**What you should do**
Go from the first line below to the one with "-- The flag stays as it is." and print each line exactly.

____ Records supplied

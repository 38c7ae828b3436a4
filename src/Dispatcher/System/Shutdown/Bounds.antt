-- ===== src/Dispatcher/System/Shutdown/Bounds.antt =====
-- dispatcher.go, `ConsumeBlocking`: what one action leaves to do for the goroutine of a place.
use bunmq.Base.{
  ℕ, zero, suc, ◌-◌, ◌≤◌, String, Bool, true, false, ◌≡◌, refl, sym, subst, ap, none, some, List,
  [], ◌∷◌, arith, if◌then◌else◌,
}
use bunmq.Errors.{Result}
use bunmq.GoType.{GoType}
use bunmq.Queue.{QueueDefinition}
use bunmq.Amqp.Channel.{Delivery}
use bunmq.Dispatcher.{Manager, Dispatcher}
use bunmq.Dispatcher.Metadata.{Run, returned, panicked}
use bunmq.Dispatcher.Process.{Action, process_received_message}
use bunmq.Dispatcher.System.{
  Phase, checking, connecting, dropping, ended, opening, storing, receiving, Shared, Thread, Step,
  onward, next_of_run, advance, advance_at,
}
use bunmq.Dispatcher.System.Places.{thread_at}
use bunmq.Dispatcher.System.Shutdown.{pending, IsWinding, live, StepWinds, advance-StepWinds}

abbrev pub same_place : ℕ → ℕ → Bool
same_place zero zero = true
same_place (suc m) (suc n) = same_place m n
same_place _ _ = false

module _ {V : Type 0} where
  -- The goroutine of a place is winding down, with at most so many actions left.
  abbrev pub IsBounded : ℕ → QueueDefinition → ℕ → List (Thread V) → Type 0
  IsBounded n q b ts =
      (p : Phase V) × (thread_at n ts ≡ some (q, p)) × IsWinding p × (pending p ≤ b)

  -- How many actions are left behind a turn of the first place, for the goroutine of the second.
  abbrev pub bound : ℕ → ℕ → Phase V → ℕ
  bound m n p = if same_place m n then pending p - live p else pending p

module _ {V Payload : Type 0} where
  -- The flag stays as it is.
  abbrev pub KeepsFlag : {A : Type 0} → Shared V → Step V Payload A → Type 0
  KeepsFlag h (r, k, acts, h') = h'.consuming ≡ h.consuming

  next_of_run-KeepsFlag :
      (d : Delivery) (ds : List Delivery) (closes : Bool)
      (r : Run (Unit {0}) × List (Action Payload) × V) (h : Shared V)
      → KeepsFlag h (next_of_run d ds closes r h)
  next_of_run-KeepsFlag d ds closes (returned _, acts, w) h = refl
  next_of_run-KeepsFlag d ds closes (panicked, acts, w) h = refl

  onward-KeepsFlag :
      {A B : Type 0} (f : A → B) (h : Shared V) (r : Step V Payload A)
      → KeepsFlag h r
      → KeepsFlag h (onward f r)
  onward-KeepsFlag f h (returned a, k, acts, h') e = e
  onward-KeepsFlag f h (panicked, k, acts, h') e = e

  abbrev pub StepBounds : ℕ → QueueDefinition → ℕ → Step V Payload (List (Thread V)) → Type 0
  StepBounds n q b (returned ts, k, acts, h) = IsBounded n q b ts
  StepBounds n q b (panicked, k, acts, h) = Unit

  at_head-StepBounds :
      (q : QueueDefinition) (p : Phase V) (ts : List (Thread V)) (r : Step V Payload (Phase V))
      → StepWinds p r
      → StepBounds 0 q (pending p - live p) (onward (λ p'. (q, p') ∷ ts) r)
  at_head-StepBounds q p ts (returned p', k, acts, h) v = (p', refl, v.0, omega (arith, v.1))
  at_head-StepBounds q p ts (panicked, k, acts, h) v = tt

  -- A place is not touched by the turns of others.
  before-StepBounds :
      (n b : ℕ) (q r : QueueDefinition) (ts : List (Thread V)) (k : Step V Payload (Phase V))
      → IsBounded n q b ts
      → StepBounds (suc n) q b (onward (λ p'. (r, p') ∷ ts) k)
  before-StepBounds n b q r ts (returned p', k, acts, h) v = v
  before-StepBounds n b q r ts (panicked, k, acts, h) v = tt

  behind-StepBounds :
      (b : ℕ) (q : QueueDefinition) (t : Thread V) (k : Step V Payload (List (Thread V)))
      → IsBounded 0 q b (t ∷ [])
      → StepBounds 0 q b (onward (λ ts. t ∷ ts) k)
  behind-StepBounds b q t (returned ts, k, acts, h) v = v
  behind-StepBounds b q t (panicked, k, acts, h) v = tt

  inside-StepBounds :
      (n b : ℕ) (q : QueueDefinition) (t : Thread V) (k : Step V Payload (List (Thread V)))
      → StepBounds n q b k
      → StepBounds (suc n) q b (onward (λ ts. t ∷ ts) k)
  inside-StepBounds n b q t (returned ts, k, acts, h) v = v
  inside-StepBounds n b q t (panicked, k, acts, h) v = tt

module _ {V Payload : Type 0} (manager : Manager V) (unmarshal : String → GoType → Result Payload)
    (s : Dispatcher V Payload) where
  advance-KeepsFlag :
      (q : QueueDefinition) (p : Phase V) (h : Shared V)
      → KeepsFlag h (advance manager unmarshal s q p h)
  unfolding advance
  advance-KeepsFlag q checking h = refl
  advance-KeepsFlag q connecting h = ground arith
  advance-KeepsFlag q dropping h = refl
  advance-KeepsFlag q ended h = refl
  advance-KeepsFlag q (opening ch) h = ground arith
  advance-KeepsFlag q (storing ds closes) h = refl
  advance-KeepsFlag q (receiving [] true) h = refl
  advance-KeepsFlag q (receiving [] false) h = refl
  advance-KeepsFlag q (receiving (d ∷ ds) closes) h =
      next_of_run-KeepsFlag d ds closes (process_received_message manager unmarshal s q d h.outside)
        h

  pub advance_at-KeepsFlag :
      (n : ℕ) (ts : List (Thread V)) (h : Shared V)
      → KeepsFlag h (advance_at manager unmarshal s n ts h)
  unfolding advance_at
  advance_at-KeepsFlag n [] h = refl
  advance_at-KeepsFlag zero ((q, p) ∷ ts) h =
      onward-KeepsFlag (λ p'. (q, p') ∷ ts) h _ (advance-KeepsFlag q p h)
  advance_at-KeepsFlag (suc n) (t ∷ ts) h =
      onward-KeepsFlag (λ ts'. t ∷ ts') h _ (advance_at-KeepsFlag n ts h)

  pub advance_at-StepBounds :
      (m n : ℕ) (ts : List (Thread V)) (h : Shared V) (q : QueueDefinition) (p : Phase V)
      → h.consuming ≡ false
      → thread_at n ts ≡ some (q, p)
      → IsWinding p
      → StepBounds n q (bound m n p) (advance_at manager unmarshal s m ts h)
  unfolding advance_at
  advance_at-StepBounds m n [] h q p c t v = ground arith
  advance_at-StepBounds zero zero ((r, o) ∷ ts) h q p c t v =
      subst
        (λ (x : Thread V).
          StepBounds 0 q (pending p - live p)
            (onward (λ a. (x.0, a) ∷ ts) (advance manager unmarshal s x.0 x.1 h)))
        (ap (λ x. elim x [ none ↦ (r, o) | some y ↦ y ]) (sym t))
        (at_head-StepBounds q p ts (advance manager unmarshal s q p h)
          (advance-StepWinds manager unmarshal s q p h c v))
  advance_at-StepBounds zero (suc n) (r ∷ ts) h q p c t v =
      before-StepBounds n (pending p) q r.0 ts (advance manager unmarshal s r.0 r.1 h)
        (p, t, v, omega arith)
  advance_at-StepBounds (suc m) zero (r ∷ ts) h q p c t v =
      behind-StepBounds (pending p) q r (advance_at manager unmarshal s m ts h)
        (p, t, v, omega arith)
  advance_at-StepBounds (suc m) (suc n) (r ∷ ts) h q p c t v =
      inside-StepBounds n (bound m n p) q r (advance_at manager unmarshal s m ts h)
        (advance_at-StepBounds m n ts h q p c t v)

________

**The answer**
repository 38c7ae828b3436a4
filename src/Dispatcher/System/Shutdown/Bounds.antt
-- ===== src/Dispatcher/System/Shutdown/Bounds.antt =====
-- dispatcher.go, `ConsumeBlocking`: what one action leaves to do for the goroutine of a place.
use bunmq.Base.{
  ℕ, zero, suc, ◌-◌, ◌≤◌, String, Bool, true, false, ◌≡◌, refl, sym, subst, ap, none, some, List,
  [], ◌∷◌, arith, if◌then◌else◌,
}
use bunmq.Errors.{Result}
use bunmq.GoType.{GoType}
use bunmq.Queue.{QueueDefinition}
use bunmq.Amqp.Channel.{Delivery}
use bunmq.Dispatcher.{Manager, Dispatcher}
use bunmq.Dispatcher.Metadata.{Run, returned, panicked}
use bunmq.Dispatcher.Process.{Action, process_received_message}
use bunmq.Dispatcher.System.{
  Phase, checking, connecting, dropping, ended, opening, storing, receiving, Shared, Thread, Step,
  onward, next_of_run, advance, advance_at,
}
use bunmq.Dispatcher.System.Places.{thread_at}
use bunmq.Dispatcher.System.Shutdown.{pending, IsWinding, live, StepWinds, advance-StepWinds}

abbrev pub same_place : ℕ → ℕ → Bool
same_place zero zero = true
same_place (suc m) (suc n) = same_place m n
same_place _ _ = false

module _ {V : Type 0} where
  -- The goroutine of a place is winding down, with at most so many actions left.
  abbrev pub IsBounded : ℕ → QueueDefinition → ℕ → List (Thread V) → Type 0
  IsBounded n q b ts =
      (p : Phase V) × (thread_at n ts ≡ some (q, p)) × IsWinding p × (pending p ≤ b)

  -- How many actions are left behind a turn of the first place, for the goroutine of the second.
  abbrev pub bound : ℕ → ℕ → Phase V → ℕ
  bound m n p = if same_place m n then pending p - live p else pending p

module _ {V Payload : Type 0} where
  -- The flag stays as it is.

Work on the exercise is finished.